**WHAT TO DO**: Look through the records, and wherever the string "handles" turns up, copy out that line.

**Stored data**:
-- ===== src/Hub/Tests.antt =====
-- A run of the hub of internal/service/hub.go.
use bs_notify_hub.Prelude.Map
use bs_notify_hub.Pool.Group
use bs_notify_hub.Pool.Manager
use bs_notify_hub.Dispatch.Dispatcher.{join, process}
use bs_notify_hub.Hub.Broadcast.{pushed, process-broadcast}
use bs_notify_hub.Prelude.{
  refl, String-discrete, ℕ_discrete, String, ◌≡◌, false, Option, none, some, List, [], ◌∷◌,
}
use bs_notify_hub.Pool.Channel.{InternalMsg, notify_msg}
use bs_notify_hub.Dispatch.Message.{Message, target_single, target_broadcast}
use bs_notify_hub.Hub.{Hub, register, new_hub}
use bs_notify_hub.Hub.Locks.{
  Event, subscribes, leaves, handles, goes_on, receives, Running, started, run,
}
use bs_notify_hub.Hub.Locks.Sound.{IsSound}
use bs_notify_hub.Hub.Locks.Runs.{run-IsSound}
use bs_notify_hub.Hub.Safety.{IsLive, new_hub-IsLive, register-IsLive}

abbrev read_all : String → Option InternalMsg
read_all s = some (record { kind = notify_msg; content = s })

abbrev to_user : String → Message
to_user u = record {
  trace_id = "";
  tenant_id = "acme";
  target_type = target_single;
  target_ids = u ∷ [];
  payload = "hi";
}

abbrev to_all : Message
to_all = record {
  trace_id = "";
  tenant_id = "acme";
  target_type = target_broadcast;
  target_ids = [];
  payload = "all";
}

-- A tab that reconnects under its id while a broadcast holds the group, and the end of the replaced
-- connection.
abbrev reconnect : List Event
reconnect =
    subscribes "acme" "7" "tab"
    ∷ goes_on 0
    ∷ subscribes "acme" "7" "tab"
    ∷ handles to_all
    ∷ goes_on 0
    ∷ goes_on 0
    ∷ leaves "acme" "7" "tab" 0
    ∷ receives 0
    ∷ goes_on 0
    ∷ handles (to_user "7")
    ∷ goes_on 0
    ∷ goes_on 0
    ∷ []

run-IsSound_example :
    let r = run read_all reconnect started in IsSound r.pool r.next_conn × (r.crashed ≡ false)
run-IsSound_example = run-IsSound read_all reconnect

-- The last connection of a tenant goes, and another comes between the end of its group's Unregister
-- and the removal of the group: the group that takes it in is no longer in the map.
abbrev overtaken : List Event
overtaken =
    subscribes "acme" "7" "tab"
    ∷ goes_on 0
    ∷ leaves "acme" "7" "tab" 0
    ∷ goes_on 0
    ∷ subscribes "acme" "8" "tab"
    ∷ goes_on 0
    ∷ goes_on 0
    ∷ []

abbrev lost : Running
lost = run read_all overtaken started

lost_subscriber :
    (Group.conn_of (lost.heap 0) "8" "tab" ≡ some 1)
    × (Manager.conn_at lost.manager "acme" "8" "tab" ≡ none)
unfolding run Group.conn_of Map.get started Manager.get_group Manager.register_in
    Manager.get_or_create_group new_hub Manager.new_manager Map.put String-discrete
    Manager.unregister_in Group.unregister ℕ_discrete Group.register Manager.conn_at Manager.collect
lost_subscriber = (refl, refl)

abbrev one_tab : Hub
one_tab = (register "acme" "7" "tab" new_hub).0

one_tab-IsLive : IsLive one_tab
one_tab-IsLive = register-IsLive "acme" "7" "tab" new_hub new_hub-IsLive

tab_there : Manager.conn_at one_tab.manager "acme" "7" "tab" ≡ some 0
unfolding register new_hub join Manager.register Manager.register_in Manager.get_or_create_group
    Manager.new_manager Manager.conn_at Group.conn_of Group.register Map.get Map.put Map.remove
    String-discrete ℕ_discrete
tab_there = refl

process-broadcast_example :
    (process read_all to_all one_tab.pool).channels 0
    ≡ pushed (record { kind = notify_msg; content = "all" }) (one_tab.channels 0)
process-broadcast_example =
    process-broadcast read_all one_tab to_all (record { kind = notify_msg; content = "all" }) "7"
      "tab" 0 one_tab-IsLive refl refl tab_there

**EXERCISE ANSWER**:
  Event, subscribes, leaves, handles, goes_on, receives, Running, started, run,
    ∷ handles to_all
    ∷ handles (to_user "7")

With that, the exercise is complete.